# Heating



## Ghillies (Apr 26, 2016)

This is a basic question with multiple answers but I would like to ask it as I'm stressing about it...

so im building a 2 enclosures (4x2x2) for some adult Darwins and the only bit I'm stuck on and concerned about how i should go about heating..

The climate were I live it can be anywhere from 40+ in summer and all the way down to below 0 come winter and generally dry all round with the occasional humidity spikes.

looking for an effective means for heating in winter that won't over do it in summer, electrical efficiency is a plus. Also will be breeding this year if that needs to be taken into consideration.

ive looked at routing into a shelf or the floor and using heat cable and a tile but worry that the ambient temp will still get to cold. Messaged Herp Pro about their panels and they suggested a 80w panel and while it's only 2 enclosures i plan to build more in the next 12 months or so...

suggestions, links or photos are very much welcomed and enclosure size talk kept to a minimum as they will not be kept in those permanently.

thanks!


----------



## Sam123 (Apr 26, 2016)

well I use a combo of a ceramic heater and heat mat hooked up to a thermostat. Ceramic heater during the day, heat mat during the night

p.s what are you planning to keep?


----------



## Ghillies (Apr 26, 2016)

Sam123 said:


> well I use a combo of a ceramic heater and heat mat hooked up to a thermostat.

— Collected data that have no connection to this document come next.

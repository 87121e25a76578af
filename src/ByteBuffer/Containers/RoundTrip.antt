-- ===== src/ByteBuffer/Containers/RoundTrip.antt =====
-- common/ByteBuffer.h: containers are read as they were written.
use morfeusz.Base.{
  ℕ, ◌+◌, ◌^◌, ◌<◌, ◌≡◌, refl, sym, ap, ap₂, ◌∙◌, List, [], ◌∷◌, ◌++◌, append-nil, Option, some,
  ◌>>=◌, arith, length, u32, length-append, le_bytes,
}
use morfeusz.Endian.{Host}
use morfeusz.ByteBuffer.{ByteBuffer, append, read}
use morfeusz.ByteBuffer.Reading.{Reads, read-Reads, Reads-bind, Reads-done}
use morfeusz.ByteBuffer.Append.{filled, Writes, Writes-bind, Writes-nil, append-Writes}
use morfeusz.ByteBuffer.Containers.{put_all, write_sequence, get_all, read_sequence}

-- The bytes of the elements, and those of a container: its size before them.
module _ {A : Type 0} (bytes : A → List ℕ) where
  unfoldable pub all_bytes : List A → List ℕ
  all_bytes [] = []
  all_bytes (a ∷ v) = bytes a ++ all_bytes v

  unfoldable pub sequence_bytes : List A → List ℕ
  unfolding all_bytes
  sequence_bytes v = le_bytes 4 (u32 (length v)) ++ all_bytes v

  put_all-Writes :
      (put : A → ByteBuffer → Option ByteBuffer) (v : List A)
      → ((a : A) → Writes (put a) (bytes a))
      → Writes (put_all put v) (all_bytes v)
  unfolding put_all all_bytes
  put_all-Writes put [] h ys r k = Writes-nil ys r k
  put_all-Writes put (a ∷ v) h ys r k =
      Writes-bind (put a) (put_all put v) (bytes a) (all_bytes v) (h a) (put_all-Writes put v h) ys
        r k

  pub write_sequence-Writes :
      (host : Host) (put : A → ByteBuffer → Option ByteBuffer) (v : List A)
      → ((a : A) → Writes (put a) (bytes a))
      → Writes (write_sequence put host v) (sequence_bytes v)
  unfolding write_sequence sequence_bytes
  write_sequence-Writes host put v h =
      Writes-bind (append host 4 (u32 (length v))) (put_all put v) (le_bytes 4 (u32 (length v)))
        (all_bytes v) (append-Writes host 4 (u32 (length v))) (put_all-Writes put v h)

  module _ (get : ByteBuffer → Option (A × ByteBuffer)) where
    abbrev pub AllReads : List A → Type 0
    AllReads [] = Unit {0}
    AllReads (a ∷ v) = Reads get a (bytes a) × AllReads v

    get_all-Reads : (v : List A) → AllReads v → Reads (get_all get (length v)) v (all_bytes v)
    unfolding get_all all_bytes
    get_all-Reads [] h = Reads-done []
    get_all-Reads (a ∷ v) h =
        Reads-bind get (λ t b. get_all get (length v) b >>= λ r. some (t ∷ r.0, r.1)) a (a ∷ v)
          (bytes a) (all_bytes v) h.0
          (λ before after w. rw (get_all-Reads v h.1 before after w) refl)

    pub read_sequence-Reads :
        (host : Host) (v : List A)
        → length v < 2 ^ 32
        → AllReads v
        → Reads (read_sequence get host) v (sequence_bytes v)
    unfolding read_sequence sequence_bytes
    read_sequence-Reads host v few h =
        let size : u32 (length v) ≡ length v = omega arith in
        rw size (
          Reads-bind (read host 4) (λ n b. get_all get n b) (length v) v (le_bytes 4 (length v))
            (all_bytes v) (read-Reads host 4 (length v) (omega arith)) (get_all-Reads v h))

abbrev pub AllBelow : ℕ → List ℕ → Type 0
AllBelow k [] = Unit {0}
AllBelow k (a ∷ v) = (a < k) × AllBelow k v

AllReads-AllBelow :
    (host : Host) (n : ℕ) (v : List ℕ)
    → AllBelow (256 ^ n) v
    → AllReads (le_bytes n) (read host n) v
AllReads-AllBelow host n [] h = tt
AllReads-AllBelow host n (a ∷ v) h = (read-Reads host n a h.0, AllReads-AllBelow host n v h.1)

-- A vector or list of fewer than 2 ^ 32 integers of `n` bytes that is written at the end of a buffer,
-- below the buffer's limit, is read back from there, on either kind of machine, and then the whole
-- buffer has been read.
pub read_sequence-write_sequence :
    (host : Host) (n : ℕ) (v ys : List ℕ)
    → length v < 2 ^ 32
    → AllBelow (256 ^ n) v
    → length ys + length (sequence_bytes (le_bytes n) v) < 10000000
    → (b : ByteBuffer) × (write_sequence (append host n) host v (filled ys (length ys)) ≡ some b)
      × (read_sequence (read host n) host b ≡ some (v, record b { rpos = length b.storage }))
read_sequence-write_sequence host n v ys few below room =
    let packed = sequence_bytes (le_bytes n) v in
    let whole = ap (λ l. ys ++ l) (append-nil packed) in
    let same =
      ap (λ l. record { storage = l; rpos = length ys; wpos = length (ys ++ packed) }) whole in
    (
      filled (ys ++ packed) (length ys),
      write_sequence-Writes (le_bytes n) host (append host n) v (append-Writes host n) ys
          (length ys) room,
      ap (read_sequence (read host n) host) (sym same)
          ∙ read_sequence-Reads (le_bytes n) (read host n) host v few
              (AllReads-AllBelow host n v below) ys [] (length (ys ++ packed))
          ∙ ap₂ (λ l k. some (v, record { storage = l; rpos = k; wpos = length (ys ++ packed) }))
              whole (sym (length-append ys packed)),
    )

Ceramic heater during the day, heat mat during the night
> 
> p.s what are you planning to keep?



ive got a pair of Darwins coming when I'm ready!


----------



## Sam123 (Apr 26, 2016)

Nice! that's so cool, if you want I could show you a pic of my snake enclosure for any ideas


----------



## Ghillies (Apr 26, 2016)

Sam123 said:


> Nice! that's so cool, if you want I could show you a pic of my snake enclosure for any ideas



yea mate throw them up, not sure how well ceramic heaters work with pulse thermostats though...

looking for for as much input as I can get! Thanks.


----------



## Sam123 (Apr 26, 2016)

Here they are  with a special appearance from my lil princess in the 2nd one!



p.s sorry for the latish reply was watching Doctor Who


----------



## saximus (Apr 27, 2016)

Where I live, the conditions are very similar to what you described. Heat panels or heat cords are perfect for creating a direct hot spot without raising the temperature of the rest of the enclosure by too much. so they can get away from it during the really hot Summer days and they can brumate in Winter with short basking periods.


----------



## Ghillies (Apr 27, 2016)

saximus said:


> Where I live, the conditions are very similar to what you described. Heat panels or heat cords are perfect for creating a direct hot spot without raising the temperature of the rest of the enclosure by too much. so they can get away from it during the really hot Summer days and they can brumate in Winter with short basking periods.



Mai I shouldn't stress to much about being able to raise the ambient temps in the enclosure to much? May I ask what your preference for heating is?


----------



## saximus (Apr 27, 2016)

I'm of the belief that there's no reason to raise anything except the basking spot above ambient; it's a waste of energy in my opinion.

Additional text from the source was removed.